#### [WHAT NEEDS TO BE DONE]
Write out only the opening lines of the entries, through the line with "Parser A → Type 0".
=== Begin Enclosure ===
-- ===== src/Parser/Statements/Ends.antt =====
-- parser/parser.cpp: the SELECT parser ends.
use sql_query_optimizer.Prelude.{ℕ, zero, suc, ◌<◌, Bool, none, some, [], ◌∷◌, length, ◌==◌, arith}
use sql_query_optimizer.Ast.{
  Expression, column, literal, binary_op, unary_op, function, wildcard, expression,
  qualified_wildcard, JoinType,
}
use sql_query_optimizer.Parser.{Token}
use sql_query_optimizer.Parser.Outcome.{
  Tokens, parsed, Parser, ◌>>=◌, peek, advance, expect, Leaves, Leaves-bind, Leaves-more, Leaves-if,
}
use sql_query_optimizer.Parser.Expressions.{is_comma, parse_expr}
use sql_query_optimizer.Parser.Expressions.Ends.{
  Ends, length-advance, expect-Leaves, parse_expr-Ends,
}
use sql_query_optimizer.Parser.Statements.{
  is_from, is_join, is_on, is_by, is_where, is_group, is_having, is_order, is_limit, starts_join,
  parse_identifier, parse_alias, comma_list, select_item, parse_select_item, parse_select_list,
  parse_table_ref, parse_join_type, parse_join, parse_joins, parse_direction, parse_order_by_item,
  parse_clause, parse_some, after_by, parse_limit, parse_select, parse_statement, parse,
}

-- On fewer than `f` tokens, `p` ends; it may take none of them.
abbrev MayEnd {ℓ} : {A : Type ℓ} → ℕ → Parser A → Type 0
MayEnd f p = (ts : Tokens) → length ts < f → Leaves (suc (length ts)) (p ts)

parse_identifier-Leaves : (ts : Tokens) → Leaves (length ts) (parse_identifier ts)
parse_identifier-Leaves (Token.identifier s ∷ ts) = omega arith
parse_identifier-Leaves ts = tt

parse_alias-Leaves : (ts : Tokens) → Leaves (suc (length ts)) (parse_alias ts)
unfolding parse_alias
parse_alias-Leaves (Token.as_ ∷ ts) =
    Leaves-bind (length ts) (suc (suc (length ts))) (parse_identifier ts) _
      (parse_identifier-Leaves ts) (λ s rest d. omega arith)
parse_alias-Leaves (Token.identifier s ∷ ts) = omega arith
parse_alias-Leaves ts = omega arith

module _ {ℓ} {A : Type ℓ} where
  comma_list-Ends :
      (item : Parser A) (f : ℕ)
      → Ends f item
      → (k : ℕ) (ts : Tokens) → length ts < k
      → length ts < f
      → Leaves (length ts) (comma_list item k ts)
  unfolding comma_list
  comma_list-Ends item f h zero ts p q = absurd omega arith
  comma_list-Ends item f h (suc k) ts p q =
      Leaves-bind (length ts) (length ts) (item ts) _ (h ts q) (λ a rest d.
        let s = length-advance rest in
        Leaves-if (length ts) (is_comma (peek rest)) _ _
          (λ e.
            Leaves-bind (length (advance rest)) (length ts) (comma_list item k (advance rest)) _
              (comma_list-Ends item f h k (advance rest) omega arith omega arith)
              (λ b rest' c. omega arith))
          d)

  parse_clause-MayEnd :
      (is_keyword : Token → Bool) (p : Parser A) (default : A) (f : ℕ)
      → MayEnd f p
      → MayEnd f (parse_clause is_keyword p default)
  parse_clause-MayEnd is_keyword p default f h ts l =
      let s = length-advance ts in
      Leaves-if (suc (length ts)) (is_keyword (peek ts)) (p (advance ts)) (parsed default ts)
        (λ e.
          Leaves-more (suc (length (advance ts))) (suc (length ts)) (p (advance ts)) s
            (h (advance ts) omega arith))
        omega arith

  parse_some-MayEnd : (p : Parser A) (f : ℕ) → Ends f p → MayEnd f (parse_some p)
  parse_some-MayEnd p f h ts l =
      Leaves-bind (length ts) (suc (length ts)) (p ts) _ (h ts l) (λ a rest d. omega arith)

  after_by-MayEnd : (p : Parser A) (f : ℕ) → Ends f p → MayEnd f (after_by p)
  after_by-MayEnd p f h ts l =
      Leaves-bind (suc (length ts)) (suc (length ts)) (expect is_by ts) _ (expect-Leaves is_by ts)
        (λ u rest d.
          Leaves-more (length rest) (suc (length ts)) (p rest) omega arith (h rest omega arith))

-- An item of the select list after its expression.
aliased-Leaves :
    (e : Expression) (ts : Tokens)
    → Leaves (suc (length ts)) (parse_alias ts >>= λ r. parsed (expression e r.0) r.1)
aliased-Leaves e ts =
    Leaves-bind (suc (length ts)) (suc (length ts)) (parse_alias ts) _ (parse_alias-Leaves ts)
      (λ a rest d. d)

select_item-Leaves : (e : Expression) (ts : Tokens) → Leaves (suc (length ts)) (select_item e ts)
unfolding select_item
select_item-Leaves (column (some t) c) ts =
    Leaves-if (suc (length ts)) (c == "*") (parsed (qualified_wildcard t) ts) _ (λ e. omega arith)
      (aliased-Leaves (column (some t) c) ts)
select_item-Leaves (column none c) ts = aliased-Leaves (column none c) ts
select_item-Leaves (literal l) ts = aliased-Leaves (literal l) ts
select_item-Leaves (binary_op a o b) ts = aliased-Leaves (binary_op a o b) ts
select_item-Leaves (unary_op o a) ts = aliased-Leaves (unary_op o a) ts
select_item-Leaves (function n args) ts = aliased-Leaves (function n args) ts
select_item-Leaves wildcard ts = aliased-Leaves wildcard ts

item-Ends : (f : ℕ) → Ends f (λ ts. parse_expr f ts >>= λ r. select_item r.0 r.1)
item-Ends f ts l =
    Leaves-bind (length ts) (length ts) (parse_expr f ts) _ (parse_expr-Ends f ts l) (λ e rest d.
      Leaves-more (suc (length rest)) (length ts) (select_item e rest) d
        (select_item-Leaves e rest))

parse_select_item-Ends : (f : ℕ) → Ends f (parse_select_item f)
unfolding parse_select_item
parse_select_item-Ends f (Token.star ∷ ts) l = omega arith
parse_select_item-Ends f ts l = item-Ends f ts l

parse_select_list-Ends : (f : ℕ) → Ends f (parse_select_list f)
unfolding parse_select_list
parse_select_list-Ends f ts l =
    comma_list-Ends (parse_select_item f) f (parse_select_item-Ends f) f ts l l

parse_table_ref-Leaves : (ts : Tokens) → Leaves (length ts) (parse_table_ref ts)
unfolding parse_table_ref
parse_table_ref-Leaves ts =
    Leaves-bind (length ts) (length ts) (parse_identifier ts) _ (parse_identifier-Leaves ts)
      (λ s rest d.
        Leaves-bind (suc (length rest)) (length ts) (parse_alias rest) _ (parse_alias-Leaves rest)
          (λ a rest' e. omega arith))

join_word-Leaves :
    (t : Token) (a : JoinType) (ts : Tokens)
    → Leaves (length (t ∷ ts)) (expect is_join ts >>= λ r. parsed a r.1)
join_word-Leaves t a ts =
    Leaves-bind (suc (length ts)) (suc (length ts)) (expect is_join ts) _ (expect-Leaves is_join ts)
      (λ u rest d. d)

parse_join_type-Leaves : (ts : Tokens) → Leaves (length ts) (parse_join_type ts)
unfolding parse_join_type
parse_join_type-Leaves (Token.join ∷ ts) = omega arith
parse_join_type-Leaves (Token.inner ∷ ts) = join_word-Leaves Token.inner JoinType.inner ts
parse_join_type-Leaves (Token.left ∷ ts) = join_word-Leaves Token.left JoinType.left ts
parse_join_type-Leaves (Token.right ∷ ts) = join_word-Leaves Token.right JoinType.right ts
parse_join_type-Leaves (Token.cross ∷ ts) = join_word-Leaves Token.cross JoinType.cross ts
parse_join_type-Leaves ts = tt

parse_join-Ends : (f : ℕ) → Ends f (parse_join f)
unfolding parse_join
parse_join-Ends f ts l =
    let n = length ts in
    Leaves-bind n n (parse_join_type ts) _ (parse_join_type-Leaves ts) (λ type a p.
      Leaves-bind (length a) n (parse_table_ref a) _ (parse_table_ref-Leaves a) (λ table b q.
        Leaves-bind (suc (length b)) n (expect is_on b) _ (expect-Leaves is_on b) (λ u c r.
          Leaves-bind (length c) n (parse_expr f c) _ (parse_expr-Ends f c omega arith)
            (λ condition d s. omega arith))))

parse_joins-Leaves :
    (f k : ℕ) (ts : Tokens)
    → length ts < k
    → length ts < f
    → Leaves (suc (length ts)) (parse_joins f k ts)
unfolding parse_joins
parse_joins-Leaves f zero ts p q = absurd omega arith
parse_joins-Leaves f (suc k) ts p q =
    Leaves-if (suc (length ts)) (starts_join (peek ts)) _ (parsed [] ts)
      (λ e.
        Leaves-bind (length ts) (suc (length ts)) (parse_join f ts) _ (parse_join-Ends f ts q)
          (λ j a d.
            Leaves-bind (suc (length a)) (suc (length ts)) (parse_joins f k a) _
              (parse_joins-Leaves f k a omega arith omega arith) (λ js b c. omega arith)))
      omega arith

parse_direction-Leaves : (ts : Tokens) → Leaves (suc (length ts)) (parse_direction ts)
parse_direction-Leaves (Token.asc ∷ ts) = omega arith
parse_direction-Leaves (Token.desc ∷ ts) = omega arith
parse_direction-Leaves ts = omega arith

parse_order_by_item-Ends : (f : ℕ) → Ends f (parse_order_by_item f)
unfolding parse_order_by_item
parse_order_by_item-Ends f ts l =
    Leaves-bind (length ts) (length ts) (parse_expr f ts) _ (parse_expr-Ends f ts l) (λ e rest d.
      Leaves-bind (suc (length rest)) (length ts) (parse_direction rest) _
        (parse_direction-Leaves rest) (λ up rest' c. omega arith))

parse_limit-MayEnd : (f : ℕ) → MayEnd f parse_limit
parse_limit-MayEnd f (Token.integer n ∷ ts) l = omega arith
parse_limit-MayEnd f ts l = tt

where-MayEnd : (f : ℕ) → MayEnd f (parse_clause is_where (parse_some (parse_expr f)) none)
where-MayEnd f =
    parse_clause-MayEnd is_where (parse_some (parse_expr f)) none f
      (parse_some-MayEnd (parse_expr f) f (parse_expr-Ends f))

group_by-MayEnd :
    (f : ℕ) → MayEnd f (parse_clause is_group (after_by (comma_list (parse_expr f) f)) [])
group_by-MayEnd f = parse_clause-MayEnd is_group (after_by (comma_list (parse_expr f) f)) [] f (
    after_by-MayEnd (comma_list (parse_expr f) f) f
      (λ ts l. comma_list-Ends (parse_expr f) f (parse_expr-Ends f) f ts l l))

having-MayEnd : (f : ℕ) → MayEnd f (parse_clause is_having (parse_some (parse_expr f)) none)
having-MayEnd f =
    parse_clause-MayEnd is_having (parse_some (parse_expr f)) none f
      (parse_some-MayEnd (parse_expr f) f (parse_expr-Ends f))

order_by-MayEnd :
    (f : ℕ) → MayEnd f (parse_clause is_order (after_by (comma_list (parse_order_by_item f) f)) [])
order_by-MayEnd f =
    parse_clause-MayEnd is_order (after_by (comma_list (parse_order_by_item f) f)) [] f (
      after_by-MayEnd (comma_list (parse_order_by_item f) f) f
        (λ ts l. comma_list-Ends (parse_order_by_item f) f (parse_order_by_item-Ends f) f ts l l))

limit-MayEnd : (f : ℕ) → MayEnd f (parse_clause is_limit parse_limit none)
limit-MayEnd f = parse_clause-MayEnd is_limit parse_limit none f (parse_limit-MayEnd f)

parse_select-Ends : (f : ℕ) → Ends f (parse_select f)
unfolding parse_select
parse_select-Ends f ts l =
    let n = length ts in
    Leaves-bind n n (parse_select_list f ts) _ (parse_select_list-Ends f ts l) (λ cs a p.
      Leaves-bind (suc (length a)) n (expect is_from a) _ (expect-Leaves is_from a) (λ u b q.
        Leaves-bind (length b) n (parse_table_ref b) _ (parse_table_ref-Leaves b) (λ t c r.
          Leaves-bind (suc (length c)) n (parse_joins f f c) _
            (parse_joins-Leaves f f c omega arith omega arith)
            (λ js d s. Leaves-bind (suc (length d)) n _ _ (where-MayEnd f d omega arith) (λ w e x.
              Leaves-bind (suc (length e)) n _ _ (group_by-MayEnd f e omega arith) (λ g i y.
                Leaves-bind (suc (length i)) n _ _ (having-MayEnd f i omega arith) (λ v j z.
                  Leaves-bind (suc (length j)) n _ _ (order_by-MayEnd f j omega arith) (λ o k aa.
                    Leaves-bind (suc (length k)) n _ _ (limit-MayEnd f k omega arith)
                      (λ m rest bb. omega arith)))))))))

-- `parse` ends for every list of tokens: its fuel, one more than the tokens, is enough. When it
-- returns a statement it has read at least one token.
pub parse-Ends : (ts : Tokens) → Leaves (length ts) (parse ts)
unfolding parse parse_statement
parse-Ends (Token.select ∷ ts) =
    Leaves-more (length ts) (suc (length ts)) (parse_select (suc (suc (length ts))) ts) omega arith
      (parse_select-Ends (suc (suc (length ts))) ts omega arith)
parse-Ends ts = tt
=== End Enclosure ===
#### [ANSWER FOR THE TASK]
-- ===== src/Parser/Statements/Ends.antt =====
-- parser/parser.cpp: the SELECT parser ends.
use sql_query_optimizer.Prelude.{ℕ, zero, suc, ◌<◌, Bool, none, some, [], ◌∷◌, length, ◌==◌, arith}
use sql_query_optimizer.Ast.{
  Expression, column, literal, binary_op, unary_op, function, wildcard, expression,
  qualified_wildcard, JoinType,
}
use sql_query_optimizer.Parser.{Token}
use sql_query_optimizer.Parser.Outcome.{
  Tokens, parsed, Parser, ◌>>=◌, peek, advance, expect, Leaves, Leaves-bind, Leaves-more, Leaves-if,
}
use sql_query_optimizer.Parser.Expressions.{is_comma, parse_expr}
use sql_query_optimizer.Parser.Expressions.Ends.{
  Ends, length-advance, expect-Leaves, parse_expr-Ends,
}
use sql_query_optimizer.Parser.Statements.{
  is_from, is_join, is_on, is_by, is_where, is_group, is_having, is_order, is_limit, starts_join,
  parse_identifier, parse_alias, comma_list, select_item, parse_select_item, parse_select_list,
  parse_table_ref, parse_join_type, parse_join, parse_joins, parse_direction, parse_order_by_item,
  parse_clause, parse_some, after_by, parse_limit, parse_select, parse_statement, parse,
}

-- On fewer than `f` tokens, `p` ends; it may take none of them.
abbrev MayEnd {ℓ} : {A : Type ℓ} → ℕ → Parser A → Type 0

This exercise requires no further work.